Key design decisions: the state is written after every iteration (crash-safe), the verifier is a separate function (can be upgraded independently), and the cap is explicit (no runaway spend).

Production Guardrails

Loop engineering without guardrails is expensive at best and destructive at worst. Non-optional controls for any production loop:

Hard iteration cap — the loop must stop even if the goal is not met
Token and cost budget — reject the run if projected spend exceeds a threshold
No-progress detection — if the last N iterations produced identical results, terminate
Circuit breakers on tool retries — exponential backoff plus a max retry limit per tool call
Human checkpoints — for irreversible actions (deploys, emails, database writes), pause and require confirmation before proceeding

Where to Start

The evolution of agentic patterns runs from AutoGPT-style one-shot agents in 2023, through academic ReAct and Reflexion patterns in 2024, to practitioner-grade goal loops and slash-command loops (/goal, /loop) in 2025–2026.

For new teams, start with ReAct — it handles 80 percent of production use cases and is the most debuggable. Add Reflexion-style self-correction when accuracy matters more than speed. Graduate to full goal loops for open-ended engineering tasks where you can define a verifiable exit condition.

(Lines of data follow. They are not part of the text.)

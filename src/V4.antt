-- ===== src/V4.antt =====
-- jkprotocol/v4: the two-byte header protocol of v4.c.
-- A C `int` of the header is its 32-bit pattern, a number below 2 ^ 32; a `char` is a byte.
-- Whether `char` is signed depends on the platform, so it is a parameter of the parser.
-- `calloc` is a parameter too: which sizes it grants.
pub mod Fields
pub mod Messages
mod Tests
use jklibs.Common.{
  ℕ, zero, suc, ◌+◌, ◌-◌, ◌^◌, ◌%◌, Bool, true, false, ◌&&◌, ◌||◌, not, List, [], ◌∷◌, ◌++◌, Option,
  none, some, ltb, leb, ◌==◌, if◌then◌else◌, length, take, drop, replicate, get_elem?,
}
use jklibs.Common.Bits.{bit_test, copy_bits}
use jklibs.Common.Outcome.{Outcome, done, err, fault, ◌>>=◌}
use Prim.Native.Nat.{bit_or}

-- JKProV4Header
pub record Header : Type 0 where
  pub version : ℕ
  pub crypt : ℕ
  pub ack : ℕ
  pub length : ℕ

-- JKProV4: the header, and the buffer of `szBody` (`none` is NULL). The function pointers are
-- fixed by `jk_pro_v4_init` and not part of the state.
pub record JkProV4 : Type 0 where
  pub header : Header
  pub body : Option (List ℕ)

-- memcpy(dst + at, src, n)
pub memcpy : List ℕ → ℕ → Option (List ℕ) → ℕ → Outcome (List ℕ)
memcpy dst at none n = if n == 0 then done dst else fault
memcpy dst at (some src) n =
    if ltb (length src) n || ltb (length dst) (at + n)
    then fault
    else done (take at dst ++ (take n src ++ drop (at + n) dst))

-- `int` to `size_t`: the sign is extended.
pub size_of_int : ℕ → ℕ
size_of_int n = if ltb n (2 ^ 31) then n else n + (2 ^ 64 - 2 ^ 32)

-- `char` to `int`, as a pattern.
pub widen : Bool → ℕ → ℕ
widen signed b = if signed && leb 128 b then b + (2 ^ 32 - 2 ^ 8) else b

-- The first byte: version, crypt, and the acknowledgement at the bit where the loop over `crypt`
-- has left `i`, which is 2.
pub first_byte : Header → ℕ
unfolding copy_bits
first_byte h =
    let p = copy_bits (2 ^ 8) 2 0 0 2 h.crypt (copy_bits (2 ^ 8) 4 0 0 4 h.version 0) in
    if h.ack == 0 then p else bit_or p (2 ^ 2)

-- The second byte: all 32 bits of the length are or-ed into one `char`.
pub second_byte : ℕ → ℕ
unfolding copy_bits
second_byte n = copy_bits (2 ^ 8) 32 0 0 0 n 0

-- What `jk_pro_v4_parse` reads off the two bytes.
pub read_header : Bool → ℕ → ℕ → Header
unfolding copy_bits widen
read_header signed b0 b1 = record {
  version = copy_bits (2 ^ 32) 4 0 4 0 (widen signed b0) 0;
  crypt = copy_bits (2 ^ 32) 2 0 2 0 (widen signed b0) 0;
  ack = if bit_test (widen signed b0) 1 then 1 else 0;
  length = copy_bits (2 ^ 32) 32 0 0 0 (widen signed b1) 0;
}

abbrev pub no_header : Header
no_header = record { version = 0; crypt = 0; ack = 0; length = 0 }

unfoldable pub init : ℕ → ℕ → JkProV4
init version crypt = record {
  header = record no_header { version = version; crypt = crypt };
  body = none;
}

unfoldable pub deinit : JkProV4 → JkProV4
deinit v = record { header = no_header; body = none }

-- Clears all but version and crypt.
unfoldable pub clear : JkProV4 → JkProV4
clear v = record {
  header = record { version = v.header.version; crypt = v.header.crypt; ack = 0; length = 0 };
  body = none;
}

unfoldable pub set_header : JkProV4 → ℕ → ℕ → JkProV4
set_header v ack len = record {
  header = record { version = v.header.version; crypt = v.header.crypt; ack = ack; length = len };
  body = v.body;
}

unfoldable pub free_body : JkProV4 → JkProV4
free_body v = record v { body = none }

abbrev pub no_state : JkProV4
no_state = record { header = no_header; body = none }

-- The body pointer is set to what was allocated and filled, or stays NULL.
abbrev pub store : Header → Outcome (List ℕ) → JkProV4 × Outcome (Unit {0})
store h (done filled) = (record { header = h; body = some filled }, done tt)
store h (err n) = (record { header = h; body = none }, err n)
store h fault = (record { header = h; body = none }, fault)

module _ (grants : ℕ → Bool) where
  -- calloc(1, n)
  unfoldable pub calloc : ℕ → ℕ → Outcome (List ℕ)
  calloc n code = if grants n then done (replicate n 0) else err code

  -- The old body is not freed; the pointer is overwritten.
  unfoldable pub set_body : JkProV4 → List ℕ → JkProV4 × Outcome (Unit {0})
  set_body v text =
      let n = size_of_int v.header.length in
      store v.header (calloc n 2 >>= λ fresh. memcpy fresh 0 (some text) n)

  unfoldable pub to_bytes : JkProV4 → Outcome (List ℕ)
  to_bytes v = do
    fresh ← calloc (size_of_int ((v.header.length + 2) % 2 ^ 32)) 2
    room ← if ltb (length fresh) 2 then fault else done fresh
    memcpy (first_byte v.header ∷ (second_byte v.header.length ∷ drop 2 room)) 2 v.body
        (size_of_int v.header.length)

  -- `bytes` is the memory from the pointer on. The old header and body are dropped first. The new
  -- body gets `sizeof(int)` bytes.
  unfoldable pub parse : Bool → JkProV4 → List ℕ → JkProV4 × Outcome (Unit {0})
  parse signed v [] = (no_state, fault)
  parse signed v (b0 ∷ []) = (no_state, fault)
  parse signed v (b0 ∷ (b1 ∷ rest)) =
      let h = read_header signed b0 b1 in
      if leb (2 ^ 30) h.length && ltb h.length (2 ^ 31)
      then (record { header = h; body = none }, err 3)
      else store h (calloc 4 4 >>= λ fresh. memcpy fresh 0 (some rest) (size_of_int h.length))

The most important mindset shift is not technical: it is recognizing that the prompt is now an artifact in a pipeline, not a message in a chat. Design the pipeline. The agent will handle the prompts.

Conclusion

Loop engineering marks a genuine architectural shift in how developers integrate AI. Where prompt engineering asked "how do I write a better instruction?", loop engineering asks "how do I design a system that runs and self-corrects without me?" The teams answering that second question are the ones watching their commit counts compound — and their engineer-hours scale.